Find every line with the string "wake" in the material below and copy it.

◆ ◆ ◆ ◆ ◆

-- ===== src/Tests/Goroutines.antt =====
-- A service of one component that fails after the first recalculation.
use go_healthcheck.Prelude.{update, ◌≤◌, ◌+◌, ◌*◌, ◌⊎◌, ℕ, ◌≡◌, refl, true, false, arith}
use go_healthcheck.Core.Types.{StatusEnum, status_pass, status_fail}
use go_healthcheck.Core.Service.Prefixes.{first_statuses}
use go_healthcheck.Core.Service.Overall.{worst}
use go_healthcheck.Core.Service.Goroutines.{
  System, constructor, recalculator, init, read_one, Reach, start, next, change, notify, watch,
  forward, wake, lock, read, end_loop, store, IsQuiet, idle,
}
use go_healthcheck.Core.Service.Ending
use go_healthcheck.Core.Service.Ending.{
  Closed, selecting, busy, here, receive, receive_closed, offer, leave, finish, leave_loop,
  ending_work, HasEnded, service_ends,
}
use go_healthcheck.Core.Service.Settling.{Run, rests, goes, work}
use go_healthcheck.Core.Service.Settling.Progress.{Run-Reach, CanAct, settles}
use go_healthcheck.Core.Service.Settling.Bound.{changed, change_settles}

abbrev passing : ℕ → StatusEnum
passing _ = status_pass

-- The constructor has calculated the overall status.
abbrev computed : System
computed = record (init passing (λ _. false) (λ _. 0)) { first = idle; last = status_pass }

computed-Reach : Reach 1 computed
unfolding init read_one
computed-Reach =
    next
      (next
        (next (next (start passing (λ _. false) (λ _. 0)) (lock constructor refl refl))
          (read constructor 0 status_pass refl (omega arith)))
        (end_loop constructor status_pass refl))
      (store constructor status_pass refl)

computed-IsQuiet : IsQuiet 1 computed
unfolding init
computed-IsQuiet = record {
  none_unsent = λ i h. refl;
  none_queued = λ i h. refl;
  none_held = λ i h. refl;
  no_token = refl;
  first_idle = refl;
  loop_idle = refl;
}

-- The component fails, and the service recalculates a second time.
abbrev recalculated : System
recalculated = record {
  current = update passing 0 status_fail;
  unsent = update (update (λ _. false) 0 true) 0 false;
  queued = update (update (λ _. 0) 0 1) 0 0;
  held = update (update (λ _. false) 0 true) 0 false;
  token = false;
  first = idle;
  loop = idle;
  last = status_fail;
}

recalculating : Run 1 (changed 0 status_fail computed) recalculated 7
unfolding init read_one
recalculating =
    goes
      (goes
        (goes
          (goes
            (goes
              (goes (goes rests (notify 0 1 (omega arith) refl (omega arith) (omega arith)) refl)
                (watch 0 (omega arith) (omega arith) refl) refl)
              (forward 0 (omega arith) refl) refl)
            (wake refl refl) refl)
          (lock recalculator refl refl) refl)
        (read recalculator 0 status_pass refl (omega arith)) refl)
      (store recalculator status_fail refl) refl

changed-Reach : Reach 1 (changed 0 status_fail computed)
changed-Reach = next computed-Reach (change 0 status_fail (omega arith))

recalculated-Reach : Reach 1 recalculated
recalculated-Reach = Run-Reach changed-Reach recalculating

recalculated-IsQuiet : IsQuiet 1 recalculated
recalculated-IsQuiet = record {
  none_unsent = λ i h. ground arith;
  none_queued = λ i h. ground arith;
  none_held = λ i h. ground arith;
  no_token = refl;
  first_idle = refl;
  loop_idle = refl;
}

settles_example :
    (7 ≤ work 1 (changed 0 status_fail computed))
    × (CanAct 1 recalculated
        ⊎ (status_fail ≡ worst (first_statuses (update passing 0 status_fail) 1)))
settles_example = settles changed-Reach recalculating

change_settles_example :
    (7 ≤ 1 + 7)
    × (CanAct 1 recalculated
        ⊎ (status_fail ≡ worst (first_statuses (update passing 0 status_fail) 1)))
change_settles_example =
    change_settles 0 status_fail computed-Reach computed-IsQuiet (omega arith) recalculating

-- The service is closed while it recalculates; component 0 has sent a status, and the channel of component 1 is
-- closed.
abbrev closing : Closed
closing = record {
  watcher = λ _. selecting;
  queued = update (λ _. 0) 0 1;
  closed = update (λ _. false) 1 true;
  token = false;
  loop = busy;
}

abbrev ending : (t : Closed) × Ending.Run 2 closing t 8 1
ending = (
  _,
  Ending.next
      (Ending.next
        (Ending.next
          (Ending.next
            (Ending.next
              (Ending.next
                (Ending.next (Ending.next here (receive 0 (omega arith) refl (omega arith)))
                  (receive_closed 1 (omega arith) refl refl refl))
                (offer 0 (omega arith) refl))
              (offer 1 (omega arith) refl))
            (leave 0 (omega arith) refl))
          (leave 1 (omega arith) refl))
        (finish refl))
      (leave_loop refl),
)

service_ends_example :
    (8 ≤ ending_work 2 closing + 1 * 4) × (Ending.CanAct 2 ending.0 ⊎ HasEnded 2 ending.0)
service_ends_example = service_ends ending.1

◆ ◆ ◆ ◆ ◆

▸ **Answer section**:
  forward, wake, lock, read, end_loop, store, IsQuiet, idle,
            (wake refl refl) refl)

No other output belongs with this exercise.